Video Rolex Datejust



History

The original Datejust model REF: 4467 was only available in 18 karat gold and had a small bubble back winder with a deeply domed back. It also featured a waterproof Oyster case, a fluted bezel, and a signature Jubilee bracelet, making it instantly identifiable as a Rolex.

Over the years, the Datejust movement went through subtle improvements to its features while remaining true to its original design.

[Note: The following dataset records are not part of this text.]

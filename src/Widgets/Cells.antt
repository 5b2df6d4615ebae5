-- ===== src/Widgets/Cells.antt =====
-- The cells of the rows of SyscallBar, FileTable and FlowTable, and an event of Timeline, all in
-- frontend/src/components.
use Prim.Native.String.{◌++◌ as ◌+++◌}
use drishtiscope_oss.Common.{
  ℕ, String, Option, none, some, Bool, not, ◌==◌, List, [], ◌∷◌, ◌++◌, map, ltb, if◌then◌else◌,
}
use drishtiscope_oss.Common.Decimal.{decimal}
use drishtiscope_oss.Common.Fixed.{digit_codes, fixed_one, round_div}
use drishtiscope_oss.Common.Int.{ℤ}
use drishtiscope_oss.Common.Text.{codes}
use drishtiscope_oss.Format.{fmt_bytes, fmt_byte_rate, fmt_rel_time}
use drishtiscope_oss.Protocol.{SyscallStat, FileStat, NetFlow, EventRow, Category, Json}
use drishtiscope_oss.Widgets.{sorted_flows, flow_color, badge_color, severity_color}

pub record SyscallCells : Type 0 where
  pub name : String
  pub rate : List ℕ
  pub errors : Option (List ℕ)

-- The errors are marked if there are any, and else are a grey 0.
unfoldable pub syscall_cells : SyscallStat → SyscallCells
unfolding digit_codes fixed_one round_div
syscall_cells sc = record {
  name = sc.name;
  rate = digit_codes (round_div sc.count_s 1000) ++ codes "/s";
  errors = if ltb 0 sc.errors_s then some (fixed_one (round_div sc.errors_s 100)) else none;
}

pub record FileCells : Type 0 where
  pub path : String
  pub ops : List ℕ
  pub bytes : List ℕ
  pub errors : ℕ
  pub has_errors : Bool

unfoldable pub file_cells : FileStat → FileCells
unfolding fixed_one round_div fmt_byte_rate
file_cells f = record {
  path = f.path;
  ops = fixed_one (round_div f.ops_s 100);
  bytes = fmt_byte_rate f.bytes_s;
  errors = f.errors;
  has_errors = ltb 0 f.errors;
}

pub record FlowCells : Type 0 where
  pub comm : String
  pub proto : String
  pub src : String
  pub dst : String
  pub tx : List ℕ
  pub rx : List ℕ
  pub badge : Option (String × String)

-- The state and its colour; no badge without a state.
unfoldable pub flow_cells : NetFlow → FlowCells
unfolding fmt_bytes
flow_cells f = record {
  comm = f.comm;
  proto = f.proto;
  src = f.src +++ ":" +++ decimal f.sport;
  dst = f.dst +++ ":" +++ decimal f.dport;
  tx = fmt_bytes f.bytes_tx;
  rx = fmt_bytes f.bytes_rx;
  badge = if f.state == "" then none else some (f.state, flow_color f.state);
}

unfoldable pub flow_rows : List NetFlow → List FlowCells
unfolding sorted_flows flow_cells
flow_rows flows = map flow_cells (sorted_flows flows)

-- TimelineEvent: what is drawn of an event; `elapsed` is the time since it, in milliseconds.
pub record EventCells : Type 0 where
  pub color : String
  pub ago : List ℕ
  pub badge : Category × String
  pub who : String
  pub title : String
  pub detail : String
  pub attrs : Option (List (String × Json))

-- The attributes are drawn while the event is expanded, if there are any.
abbrev pub shown_attrs : Bool → List (String × Json) → Option (List (String × Json))
shown_attrs expanded [] = none
shown_attrs expanded (a ∷ attrs) = if expanded then some (a ∷ attrs) else none

unfoldable pub event_cells : Bool → ℤ → EventRow → EventCells
unfolding fmt_rel_time
event_cells expanded elapsed e = record {
  color = severity_color e.severity;
  ago = fmt_rel_time elapsed;
  badge = (e.category, badge_color e.category);
  who = "[" +++ decimal e.pid +++ "] " +++ e.comm;
  title = e.title;
  detail = e.detail;
  attrs = shown_attrs expanded e.attrs;
}

-- A click on an event.
abbrev pub toggle_expanded : Bool → Bool
toggle_expanded expanded = not expanded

It is interesting to note, that the archetypal Datejust reference 1605 from the early to mid 50's and the 31mm Rolex Oyster Speedking and Speedking Precisions, also nicknamed "Bubblebacks" due to their tubby side profiles (Speedking Precisions offered in 3 movements grades, one being 3.5 hunter, manual wind) from the early to mid 40's had a significant influence on Rolexes later Datejust references over the years. For example the contemporary Datejust 116200, when configured with its silver 'Art Deco' dial and luminous Arabic numerals and minute chapters. However, the Art Deco dial has Arabic numerals, while the 1605 reference Datejust used indices/ baton appliques. Most 1605 reference dials were silver, however black was on offer, but rare for the time. It is also noted that the contemporary reference 116200 uses Arabic numerals, just like the Speedking model from the mid to late 1930's and the Speedking Precision from the early 1940's did. These Oyster Speedking models were often brought by British and Canadian fighter pilots and other servicemen during WWII. During liberation of POW's from concentration camps in Europe, Rolex gave a number of British POW's each a Rolex Oyster Speedking Precision, with a tropical dial, telling them to pay when and if they could... If one looks for them, the history and resemblance of these early 1605 and Speedking pieces are still visible in the silver Art Deco dial Datejust 116200 of today The reference #4220 Speedking Precision, while not technically shock proof by modern standards, was the first wrist watch in history that could endure robust use and still keep "good" time. A testament to its military use in WWII. Unlike Datejusts, Speedking models did not have a date complication, however. The Speedking Precision #4220 (10.5 Hunter) was the first watch in history to feature a true military theme, which was simply a red-coloured, but legible, second sweeping hand. This watch inspired the 1950's Rolex Datejust Thunderbird. The legendary status of the early to mid 40's Speedking Precision can therefore also be seen in later military/tool watch type Datejusts like the Turn-o-graph (or "Thunderbird") models.

Several years after its debut, In 1954, Rolex added the now famous "Cyclops Lens" as a major update.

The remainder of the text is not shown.